Dr. Miah Hammond-Errey: [00:00:19] Welcome back to Technology and Security. This is the first episode of 2024 and we hope you had a great break. My guest today is Nita Farahany. Nita Farahany is a professor of law and philosophy at Duke University and is a leading scholar in the ethical, legal and social implications of emerging technologies. She has consulted extensively, including advising DARPA and testifying before Congress. Nita was on the US Presidential Commission for the Study of Bioethical Issues for many years, and her latest book, ‘The Battle for Your Brain: Defending the Right to Think Freely in the Age of Neurotechnology', examines the ethical and legal challenges of emerging technology. We're so happy to have you join the podcast, Nita.
Prof. Nita Farahany: [00:01:01] I'm delighted to be with you.
Dr. Miah Hammond-Errey: [00:01:03] We're coming to you today from the lands of the Gadigal people. We pay our respects to their elders, past, present and emerging both here and wherever you're listening. We acknowledge their continuing connection to land, sea and community and extend that respect to all Aboriginal and Torres Strait Islander people.

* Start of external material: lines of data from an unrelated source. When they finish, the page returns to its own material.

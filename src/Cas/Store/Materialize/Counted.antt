-- ===== src/Cas/Store/Materialize/Counted.antt =====
-- crates/jet-cas/src/store.rs: the counters of `materialize_tree` and what it did.
use jetrun.Prelude.{
  ℕ, zero, suc, ◌+◌, Bool, true, false, Option, none, some, List, [], ◌∷◌, Result, ok, err, Bytes,
  refl,
}
use jetrun.Prelude.Stateful.{Run, Outcome, Keeps, >>=-Ends, if-either}
use jetrun.Cas.Tree.{Tree, Node, file, dir, symlink}
use jetrun.Cas.Link.{Errno, Intent, LinkMode, reflink, hardlink, copy, Place, Capabilities, Slot}
use jetrun.Cas.Store.{Object, CasError, PathBuf, has, get_tree}
use jetrun.Cas.Store.Materialize.{
  MaterializeStats, World, Kernel, checked, lift, refuse_unless, filed, started, stats_of,
  max_depth, place_file, own_mode, set_mode, materialize_file, materialize_node,
  materialize_entries, materialize_into, materialize_tree, unchanged,
}
use jetrun.Cas.Store.Materialize.Tally.{
  Agrees, chmod-Agrees, left-Agrees, placed-Agrees, dir_made-Agrees, symlink_made-Agrees,
}

abbrev Counted : World → Type 0
Counted w = Agrees w.stats w.log

checked-Counted :
    (o : Option Errno) (op : Bytes) (path : PathBuf) (change : World → World)
    → ((w : World) → Counted w → Counted (change w))
    → Keeps Counted (checked o op path change)
checked-Counted none op path change h w a = h w a
checked-Counted (some e) op path change h w a = a

filed-Counted :
    (child : PathBuf) (digest : Bytes) (size : ℕ) (executable : Bool)
    (r : Result LinkMode Errno × Slot)
    → Keeps Counted (filed child digest size executable r)
unfolding filed
filed-Counted child digest size executable (ok mode, s) w a =
    placed-Agrees child digest size executable mode s.place w.stats a
filed-Counted child digest size executable (err e, s) w a = left-Agrees child s.place a

refuse_unless-Counted : (b : Bool) (e : CasError) → Keeps Counted (refuse_unless b e)
refuse_unless-Counted true e w a = a
refuse_unless-Counted false e w a = a

lift-Counted : {A : Type 0} (r : Result A CasError) → Keeps Counted (lift r)
lift-Counted (ok t) w a = a
lift-Counted (err e) w a = a

module _ (tree_hash : Bytes → Bytes) (objects : List Object) (kernel : Kernel)
    (intent : Intent) where
  own_mode-Counted :
      (child : PathBuf) (executable : Bool) (place : Place)
      → Keeps Counted (own_mode tree_hash objects kernel intent child executable place)
  unfolding own_mode
  own_mode-Counted child executable place =
      >>=-Ends (λ a. Counted) (λ a. Counted) (λ e. Counted) _ _
        (checked-Counted (kernel.metadata child) _ child unchanged (λ w a. a))
        (λ done.
          checked-Counted (kernel.set_permissions child) _ child _
            (λ w a. chmod-Agrees child _ place a))

  set_mode-Counted :
      (child : PathBuf) (executable : Bool) (answer : LinkMode × Place)
      → Keeps Counted (set_mode tree_hash objects kernel intent child executable answer)
  unfolding set_mode
  set_mode-Counted child executable (hardlink, place) w a = a
  set_mode-Counted child executable (reflink, place) w a =
      own_mode-Counted child executable place w a
  set_mode-Counted child executable (copy, place) w a = own_mode-Counted child executable place w a

  place_file-Counted :
      (child : PathBuf) (digest : Bytes) (size : ℕ) (executable : Bool)
      → Keeps Counted (place_file tree_hash objects kernel intent child digest size executable)
  unfolding place_file
  place_file-Counted child digest size executable w = filed-Counted child digest size executable _ w

  materialize_file-Counted :
      (child : PathBuf) (digest : Bytes) (size : ℕ) (executable : Bool)
      → Keeps Counted
          (materialize_file tree_hash objects kernel intent child digest size executable)
  unfolding materialize_file
  materialize_file-Counted child digest size executable =
      >>=-Ends (λ a. Counted) (λ a. Counted) (λ e. Counted) _ _
        (refuse_unless-Counted (has objects digest) _)
        (λ done.
          >>=-Ends (λ a. Counted) (λ a. Counted) (λ e. Counted) _ _
            (place_file-Counted child digest size executable) (set_mode-Counted child executable))

  module _ (recurse : Bytes → PathBuf → Run World CasError (Unit {0}))
      (h : (d : Bytes) (path : PathBuf) → Keeps Counted (recurse d path)) where
    materialize_node-Counted :
        (child : PathBuf) (node : Node)
        → Keeps Counted (materialize_node tree_hash objects kernel intent recurse child node)
    unfolding materialize_node
    materialize_node-Counted child (file digest size executable) =
        materialize_file-Counted child digest size executable
    materialize_node-Counted child (dir digest) = h digest child
    materialize_node-Counted child (symlink target) =
        checked-Counted (kernel.symlink_call child) _ child _
          (λ w a. symlink_made-Agrees child target w.stats a)

    materialize_entries-Counted :
        (dest : PathBuf) (t : Tree)
        → Keeps Counted (materialize_entries tree_hash objects kernel intent recurse dest t)
    unfolding materialize_entries
    materialize_entries-Counted dest [] = λ w a. a
    materialize_entries-Counted dest ((name, node) ∷ es) =
        >>=-Ends (λ a. Counted) (λ a. Counted) (λ e. Counted) _ _ (materialize_node-Counted _ node)
          (λ done. materialize_entries-Counted dest es)

  materialize_into-Counted :
      (levels : ℕ) (d : Bytes) (path : PathBuf)
      → Keeps Counted (materialize_into tree_hash objects kernel intent levels d path)
  unfolding materialize_into
  materialize_into-Counted zero d dest = λ w a. a
  materialize_into-Counted (suc levels) d dest =
      >>=-Ends (λ a. Counted) (λ a. Counted) (λ e. Counted) _ _
        (checked-Counted (kernel.create_dir dest) _ dest _ (λ w a. dir_made-Agrees dest w.stats a))
        (λ done.
          >>=-Ends (λ t. Counted) (λ a. Counted) (λ e. Counted) _ _
            (lift-Counted (get_tree tree_hash objects d))
            (materialize_entries-Counted _ (materialize_into-Counted levels) dest))

-- An answer: the counters of the state, which agree with what was done.
abbrev pub Answers : MaterializeStats → World → Type 0
Answers stats w = Agrees stats w.log

-- The counters that a successful materialize_tree returns are, on u64, how many files it cloned, linked
-- and copied, how many directories and symbolic links it made, and the sum of the sizes that the
-- manifests claim for the files.
pub materialize_tree-Agrees :
    (tree_hash : Bytes → Bytes) (objects : List Object) (kernel : Kernel) (intent : Intent)
    (d : Bytes) (dest : PathBuf) (caps : Capabilities) (ioctls : ℕ)
    → Outcome Answers
        (λ e w. Unit)
        (materialize_tree tree_hash objects kernel intent d dest caps ioctls)
unfolding materialize_tree
materialize_tree-Agrees tree_hash objects kernel intent d dest caps ioctls =
    if-either (Outcome Answers (λ e w. Unit)) (kernel.exists dest) tt (
      final
        (materialize_into tree_hash objects kernel intent (max_depth + 1) d dest
          (started caps ioctls))
        (materialize_into-Counted tree_hash objects kernel intent (max_depth + 1) d dest
          (started caps ioctls)
          (record {
            reflinked = refl;
            hardlinked = refl;
            copied = refl;
            dirs = refl;
            symlinks = refl;
            bytes = refl;
          })))
  where
    final :
        (r : Result (Unit {0}) CasError × World)
        → Outcome (λ a. Counted) (λ e. Counted) r
        → Outcome Answers (λ e w. Unit) (stats_of r)
    final (ok done, w) h = h
    final (err e, w) h = tt
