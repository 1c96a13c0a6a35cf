-- ===== src/ClientManager/Discover.antt =====
-- GetRandomSubset: what a client or the bootstrap server tells another one.
use scalability_engineering.Prelude.{
  ℕ, zero, suc, ◌≡◌, ◌≢◌, refl, sym, ap, ◌∙◌, Option, none, some, List, [], ◌∷◌, String,
  string_discrete, length, get_elem?, Option-cases, inl, inr, Returns, returns, Returns-bind,
  Returns-map, ℤ, pos, ltb_ℤ, if◌then◌else◌, arith, get_elem?-some, get_elem?-lt,
}
use scalability_engineering.Index.{Distinct}
use scalability_engineering.HashMap.View.{get-view}
use scalability_engineering.PriorityQueue.Subset.{Random}
use scalability_engineering.PriorityQueue.Subset.Rejection.{Settles}
use scalability_engineering.PriorityQueue.Subset.Reservoir.{
  subset_size, IsServed, get_random_subset-Selection,
}
use scalability_engineering.ClientManager.{
  ClientIdentity, ClientManager, identities, get_random_subset,
}
use scalability_engineering.ClientManager.Invariant.{clients, IsValid, IsCoherent}

module _ {W : Type 0} (cm : ClientManager W) (v : IsValid cm) (c : IsCoherent cm) where
  -- The identities of the known clients with these container IDs, in this order.
  record Named (ids : List String) (cs : List ClientIdentity) : Type 0 where
    pub sized : length cs ≡ length ids
    pub each :
        (i : ℕ) (a : ClientIdentity)
        → get_elem? cs i ≡ some a
        → (get_elem? ids i ≡ some a.container_id) × (clients cm a.container_id ≡ some a)

  Named-cons :
      (id : String) (a : ClientIdentity) (ids : List String) (cs : List ClientIdentity)
      → clients cm id ≡ some a
      → Named ids cs
      → Named (id ∷ ids) (a ∷ cs)
  Named-cons id a ids cs e n = record { sized = ap suc n.sized; each = each }
    where
      each :
          (i : ℕ) (b : ClientIdentity)
          → get_elem? (a ∷ cs) i ≡ some b
          → (get_elem? (id ∷ ids) i ≡ some b.container_id) × (clients cm b.container_id ≡ some b)
      each zero b f =
          let same : a ≡ b = ground arith in
          let named : b.container_id ≡ id = c.named id b (e ∙ ap some same) in
          (ap some (sym named), ap (clients cm) named ∙ e ∙ ap some same)
      each (suc i) b f = n.each i b f

  identities-Named :
      (ids : List String)
      → ((i : ℕ) (id : String) → get_elem? ids i ≡ some id → clients cm id ≢ none)
      → Returns (Named ids) (identities cm.hash_map ids)
  unfolding identities
  identities-Named [] known =
      returns (record { sized = refl; each = λ i a e. absurd (ground arith) })
  identities-Named (id ∷ ids) known = elim (Option-cases (clients cm id)) [
    | inl e ↦ absurd (known 0 id refl e)
    | inr (a, e) ↦
        rw (get-view string_discrete cm.hash_map v.map id, e)
          (Returns-bind (identities-Named ids (λ i. known (suc i)))
            λ cs n. returns (Named-cons id a ids cs e n))
  ]

  -- A subset to tell: no client twice, each under its own container ID, and as many as `count`.
  pub record Told (count : ℕ) (cs : List ClientIdentity) : Type 0 where
    pub sized : length cs ≡ count
    pub known :
        (i : ℕ) (a : ClientIdentity) → get_elem? cs i ≡ some a → clients cm a.container_id ≡ some a
    pub distinct : Distinct cs

  queued_known :
      (j : ℕ) (id : String) → get_elem? cm.priority_queue.values j ≡ some id → clients cm id ≢ none
  queued_known j id e =
      let (p, ep) =
        get_elem?-some cm.priority_queue.priorities j
          (omega (arith, v.queue.table.paired, get_elem?-lt cm.priority_queue.values j id e)) in
      c.known id λ q. absurd (ground (arith, v.queue.table.index.found id j e))

  -- How many clients GetRandomSubset chooses: the argument, if it is there and positive, or else the
  -- configured number.
  abbrev pub asked : Option ℤ → ℤ
  asked none = cm.config.subset_size
  asked (some n) = if ltb_ℤ (pos 0) n then n else cm.config.subset_size

  -- GetRandomSubset of a manager in order ends without a panic, from some fuel on, if in a rejection
  -- sampling of the queue each place comes up again and again. With a positive argument it returns
  -- that many known clients, else the configured number, or all of the queue if there are fewer; none
  -- is returned twice, each under its own container ID.
  pub get_random_subset-Told :
      (R : Random) (n : Option ℤ)
      → IsServed R (length cm.priority_queue.values) (asked n)
      → Settles
          (Told (subset_size (asked n) (length cm.priority_queue.values)))
          (λ fuel. get_random_subset fuel R cm n)
  unfolding get_random_subset
  get_random_subset-Told R n served = settled n (asked n) served (given n)
    where
      given :
          (n : Option ℤ)
          → elim n [
            | none ↦ cm.config.subset_size
            | some n ↦ if ltb_ℤ (pos 0) n then n else cm.config.subset_size
          ]
            ≡ asked n
      given none = refl
      given (some n) = refl

      settled :
          (n : Option ℤ) (count : ℤ)
          → IsServed R (length cm.priority_queue.values) count
          → elim n [
            | none ↦ cm.config.subset_size
            | some n ↦ if ltb_ℤ (pos 0) n then n else cm.config.subset_size
          ]
            ≡ count
          → Settles
              (Told (subset_size count (length cm.priority_queue.values)))
              (λ fuel. get_random_subset fuel R cm n)
      settled n count served e =
          let (b, ends) =
            get_random_subset-Selection string_discrete R cm.priority_queue count v.queue served in
          (
            b,
            λ fuel p. rw e (
                Returns-bind (ends fuel p) λ ids s.
                  Returns-map
                    (identities-Named ids
                      λ i id f. let (j, g) = s.within i id f in queued_known j id g)
                    λ cs m. record {
                      sized = m.sized ∙ s.sized;
                      known = λ i a f. (m.each i a f).1;
                      distinct = λ i j a f g.
                          s.distinct i j a.container_id (m.each i a f).0 (m.each j a g).0;
                    }),
          )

Dr. Miah Hammond-Errey: [00:01:21] So, Nita, you start your book recounting a demonstration of technology that changed the way you saw brains as the place of solace. It's been five years since that moment. And have we lost the final realm of privacy?
Prof. Nita Farahany: [00:01:34] Not yet. We are on our way to doing so. But, the description you're talking about is really my aha moment, which is I was at a conference at the University of Pennsylvania at Wharton Business School, where there was a technologist who stood up and talked about how we humans are such inefficient output devices that we're unable to get what's from our brains out into the rest of our world because we're so limited by our bodies. He was talking about neurotechnology, not as a way to just be able to meditate or to improve brain health, but much like a mouse or a keyboard, it would be how we would interact with other technology.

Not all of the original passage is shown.